# Who went to Nationals and met LL Cool J?



## BeverlyA (Oct 29, 2006)

I knew it was him right away but Beth kept saying nooooooo, lol, I was right!

Here's my picture with "Ladies Love" Cool J. How many other Forum members had their pictures taken on the way home with a celeb? :ear:

Beverly


----------



## Paige (Sep 12, 2006)

Oh, Beverly you lucky lady. He is such a *Hottie*:flame:


----------



## Beamer (Jan 29, 2007)

Hmmm, I think i MIGHT know someone who got a picture with Ladies Love!


----------



## BeverlyA (Oct 29, 2006)

LMAO, that's what I think too Paige! I showed my friend the picture and she says, "that's great, but I wanna see the pic of his 6 pack" lol, it was all I could do to keep from asking him to do that lip thing of his.....

Since Beth joined me at the Nationals, I'll post her picture for her.


----------



## Posh's Mom (Dec 20, 2007)

Why was LL at Nationals?!? Or was he just in the hotel and getting mobbed by Havanese smitten women?


----------



## Julie (Feb 8, 2007)

Okay---I'm old----I've heard of him---but uh----what is he? a rapper?

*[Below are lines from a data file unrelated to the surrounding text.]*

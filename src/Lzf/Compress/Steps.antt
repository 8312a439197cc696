-- ===== src/Lzf/Compress/Steps.antt =====
-- The invariant of `Compress`, and the step that takes a byte over.
use golly.Base.{
  ℕ, suc, ◌+◌, ◌%◌, ◌≤◌, ◌<◌, ◌⊎◌, true, false, inl, inr, Bool-cases, [], ◌∷◌, ◌++◌, append_assoc,
  append-nil, ◌≡◌, ◌≢◌, refl, sym, ap, ◌∙◌, arith, Bytes, IsBytes, ◌==◌, ==_iff,
}
use mathlib.Core.Path.{subst}
use golly.Base.Calls.{read_at-get_or, ok, Fuel, write_at}
use golly.Base.Lists.{length, length-append, length-take, take, get_or}
use golly.Lzf.Compress.{Packer, close_literal, copy_byte}
use golly.Lzf.Compress.Buffer.{
  front, put_front, put_behind, take-snoc, IsBytes-take, IsBytes-append,
}
use golly.Lzf.Decode.{IsBytes-right}
use golly.Lzf.Compress.Stream.{Decodes, Decodes-literal}

-- The output is the piece `enc`, which stands for the first part `done` of the input, a slot for a
-- control byte, the literals `lits` that wait for it, and the room behind them.
pub record Inv (input output : Bytes) (iidx oidx literal : ℕ) : Type 0 where
  pub enc : Bytes
  pub slot : ℕ
  pub lits : Bytes
  pub room : Bytes
  pub done : Bytes
  pub laid : output ≡ front (enc ++ slot ∷ (lits ++ room))
  pub place : oidx ≡ 5 + length enc + length lits
  pub count : literal ≡ length lits
  pub total : length enc + length lits + 1 + length room ≡ length input
  pub taken : take iidx input ≡ done ++ lits
  pub within : iidx ≤ length input
  pub decodes : Decodes (length input) enc done
  pub are_bytes : IsBytes enc
  pub few : length lits < 32

abbrev pub Holds : Bytes → Packer → Type 0
Holds input s = Inv input s.output s.iidx s.oidx s.literal

pub parts :
    {input output : Bytes} {iidx oidx literal : ℕ} (inv : Inv input output iidx oidx literal)
    → length inv.done + length inv.lits ≡ iidx
parts {input} {iidx} inv =
    sym (length-append inv.done inv.lits)
    ∙ sym (ap length inv.taken)
    ∙ omega (arith, length-take iidx input, inv.within)

-- What a step over one byte leaves.
pub record Copied (input : Bytes) (s : Packer) : Type 0 where
  pub next : Packer
  pub runs : copy_byte input s ≡ ok next
  pub holds : Holds input next
  pub moved : next.iidx ≡ s.iidx + 1
  pub table : next.table ≡ s.table
  pub wrote :
      (next.oidx ≡ s.oidx + 1 × next.literal ≡ s.literal + 1)
      ⊎ (next.oidx ≡ s.oidx + 2 × next.literal ≡ 0 × s.literal + 1 ≡ 32)

module _ (input : Bytes) (all_bytes : IsBytes input) (s : Packer) (inv : Holds input s)
    (more : s.iidx < length input) where
  byte : ℕ
  byte = get_or input s.iidx 0

  taken_more : take (s.iidx + 1) input ≡ inv.done ++ (inv.lits ++ byte ∷ [])
  unfolding byte
  taken_more =
      let e : s.iidx + 1 ≡ suc s.iidx = omega arith in
      ap (λ m. take m input) e
      ∙ take-snoc input s.iidx more
      ∙ ap (λ t. t ++ byte ∷ []) inv.taken
      ∙ append_assoc inv.done inv.lits (byte ∷ [])

  are_lits : IsBytes (inv.lits ++ byte ∷ [])
  are_lits =
      IsBytes-right inv.done (inv.lits ++ byte ∷ [])
        (subst IsBytes taken_more (IsBytes-take input (s.iidx + 1) all_bytes))

  written :
      (y : ℕ) (rest : Bytes)
      → inv.room ≡ y ∷ rest
      → write_at {E = Fuel} s.output s.oidx byte
        ≡ ok (front (inv.enc ++ inv.slot ∷ (inv.lits ++ byte ∷ rest)))
  written y rest e =
      ap (λ b. write_at b s.oidx byte)
        (inv.laid ∙ ap (λ r. front (inv.enc ++ inv.slot ∷ (inv.lits ++ r))) e)
      ∙ put_behind inv.enc inv.slot inv.lits y rest s.oidx byte inv.place

  keeps_open :
      (y : ℕ) (rest : Bytes) → inv.room ≡ y ∷ rest → (s.literal + 1 == 32) ≡ false → Copied input s
  unfolding copy_byte byte
  keeps_open y rest e t =
      let l : length (inv.lits ++ byte ∷ []) ≡ length inv.lits + 1 =
        length-append inv.lits (byte ∷ []) in
      let r : length inv.room ≡ suc (length rest) = ap length e in
      record {
        next = record s {
          output = front (inv.enc ++ inv.slot ∷ (inv.lits ++ byte ∷ rest));
          iidx = s.iidx + 1;
          oidx = s.oidx + 1;
          literal = s.literal + 1;
        };
        runs = rw (read_at-get_or input s.iidx 0 more, written y rest e, t) refl;
        holds = record {
          enc = inv.enc;
          slot = inv.slot;
          lits = inv.lits ++ byte ∷ [];
          room = rest;
          done = inv.done;
          laid =
              ap (λ z. front (inv.enc ++ inv.slot ∷ z))
                (sym (append_assoc inv.lits (byte ∷ []) rest));
          place = omega (arith, inv.place);
          count = omega (arith, inv.count);
          total = omega (arith, inv.total);
          taken = taken_more;
          within = omega arith;
          decodes = inv.decodes;
          are_bytes = inv.are_bytes;
          few =
              (let n : s.literal + 1 ≢ 32 = λ q. cc (t, (==_iff (s.literal + 1) 32).1 q) in
                omega (arith, inv.few, inv.count));
        };
        moved = refl;
        table = refl;
        wrote = inl (refl, refl);
      }

  closes :
      (y y' : ℕ) (rest : Bytes)
      → inv.room ≡ y ∷ y' ∷ rest
      → (s.literal + 1 == 32) ≡ true
      → Copied input s
  unfolding copy_byte byte
  closes y y' rest e t =
      let full : s.literal + 1 ≡ 32 = (==_iff (s.literal + 1) 32).0 t in
      let lits : Bytes = inv.lits ++ byte ∷ [] in
      let l : length lits ≡ length inv.lits + 1 = length-append inv.lits (byte ∷ []) in
      let c : ℕ = (s.literal + 1 + 255) % 256 in
      let enc : Bytes = inv.enc ++ c ∷ lits in
      let k : length enc ≡ length inv.enc + 1 + length lits =
        length-append inv.enc (c ∷ lits) ∙ omega arith in
      let r : length inv.room ≡ suc (suc (length rest)) = ap length e in
      let closed : close_literal (front (inv.enc ++ inv.slot ∷ (inv.lits ++ byte ∷ y' ∷ rest)))
            (s.oidx + 1) (s.literal + 1)
          ≡ ok (front (inv.enc ++ c ∷ (inv.lits ++ byte ∷ y' ∷ rest))) =
        put_front inv.enc inv.slot (inv.lits ++ byte ∷ y' ∷ rest) _ c
          (omega (arith, inv.place, inv.count)) in
      let d : length inv.done + length inv.lits ≡ s.iidx = parts inv in
      let q : (length lits + 255) % 256 ≡ c = omega (arith, inv.count) in
      record {
        next = record s {
          output = front (inv.enc ++ c ∷ (inv.lits ++ byte ∷ y' ∷ rest));
          iidx = s.iidx + 1;
          oidx = s.oidx + 2;
          literal = 0;
        };
        runs = rw (read_at-get_or input s.iidx 0 more, written y (y' ∷ rest) e, t, closed) refl;
        holds = record {
          enc = enc;
          slot = y';
          lits = [];
          room = rest;
          done = inv.done ++ lits;
          laid = ap front (
              sym (
                append_assoc inv.enc (c ∷ lits) (y' ∷ rest)
                ∙ ap (λ z. inv.enc ++ c ∷ z) (append_assoc inv.lits (byte ∷ []) (y' ∷ rest))));
          place = omega (arith, inv.place, inv.count);
          count = refl;
          total = omega (arith, inv.total);
          taken = taken_more ∙ sym (append-nil (inv.done ++ lits));
          within = omega arith;
          decodes =
              subst (λ m. Decodes (length input) (inv.enc ++ m ∷ lits) (inv.done ++ lits)) q
                (Decodes-literal (length input) inv.enc inv.done lits inv.decodes (omega arith)
                  (omega (arith, inv.count)) (omega arith));
          are_bytes = IsBytes-append inv.enc (c ∷ lits) inv.are_bytes (omega arith, are_lits);
          few = omega arith;
        };
        moved = refl;
        table = refl;
        wrote = inr (refl, refl, full);
      }

  pub copy_byte-Copied :
      (s.oidx + 2 ≤ length input + 4) ⊎ ((s.oidx + 1 ≤ length input + 4) × (s.literal + 1 < 32))
      → Copied input s
  unfolding copy_byte byte
  copy_byte-Copied roomy = by_room inv.room refl
    where
      by_room : (r : Bytes) → inv.room ≡ r → Copied input s
      by_room [] e =
          absurd (
            let l : length inv.room ≡ 0 = ap length e in omega (arith, inv.total, inv.place, roomy))
      by_room (y ∷ []) e = elim (Bool-cases (s.literal + 1 == 32)) [
        | inl t ↦
            let l : length inv.room ≡ 1 = ap length e in
            let full : s.literal + 1 ≡ 32 = (==_iff (s.literal + 1) 32).0 t in
            absurd (omega (arith, inv.total, inv.place, roomy))
        | inr t ↦ keeps_open y [] e t
      ]
      by_room (y ∷ y' ∷ rest) e = elim (Bool-cases (s.literal + 1 == 32)) [
        | inl t ↦ closes y y' rest e t
        | inr t ↦ keeps_open y (y' ∷ rest) e t
      ]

Was he rapping the havanese or what? :brick:


----------



## Beamer (Jan 29, 2007)

Hahahahaha.. he's a rapper.. He was not at the hotel, it was at the airport.

Ryan


----------



## Posh's Mom (Dec 20, 2007)

Okay, now I'm noticing the airport furniture....a ha.


----------



## Melissa Miller (Aug 2, 2006)

THIS is the Second time I regret not being there. I LOVE ME SOME LL!!!!!!!!!

Where is that stomach?????? 

The first time I regretted not being there is reading all these posts about the fun and meeting the forum peeps!


----------



## trueblue (Jan 22, 2008)

You girls are some lucky! LL is the man! Who's old enough to remember "I Need Love?" That's when I first started listening to him.


----------



## Thumper (Feb 18, 2007)

WHAT!??!

Where? When!??! ARGHH! Was he at the hotel?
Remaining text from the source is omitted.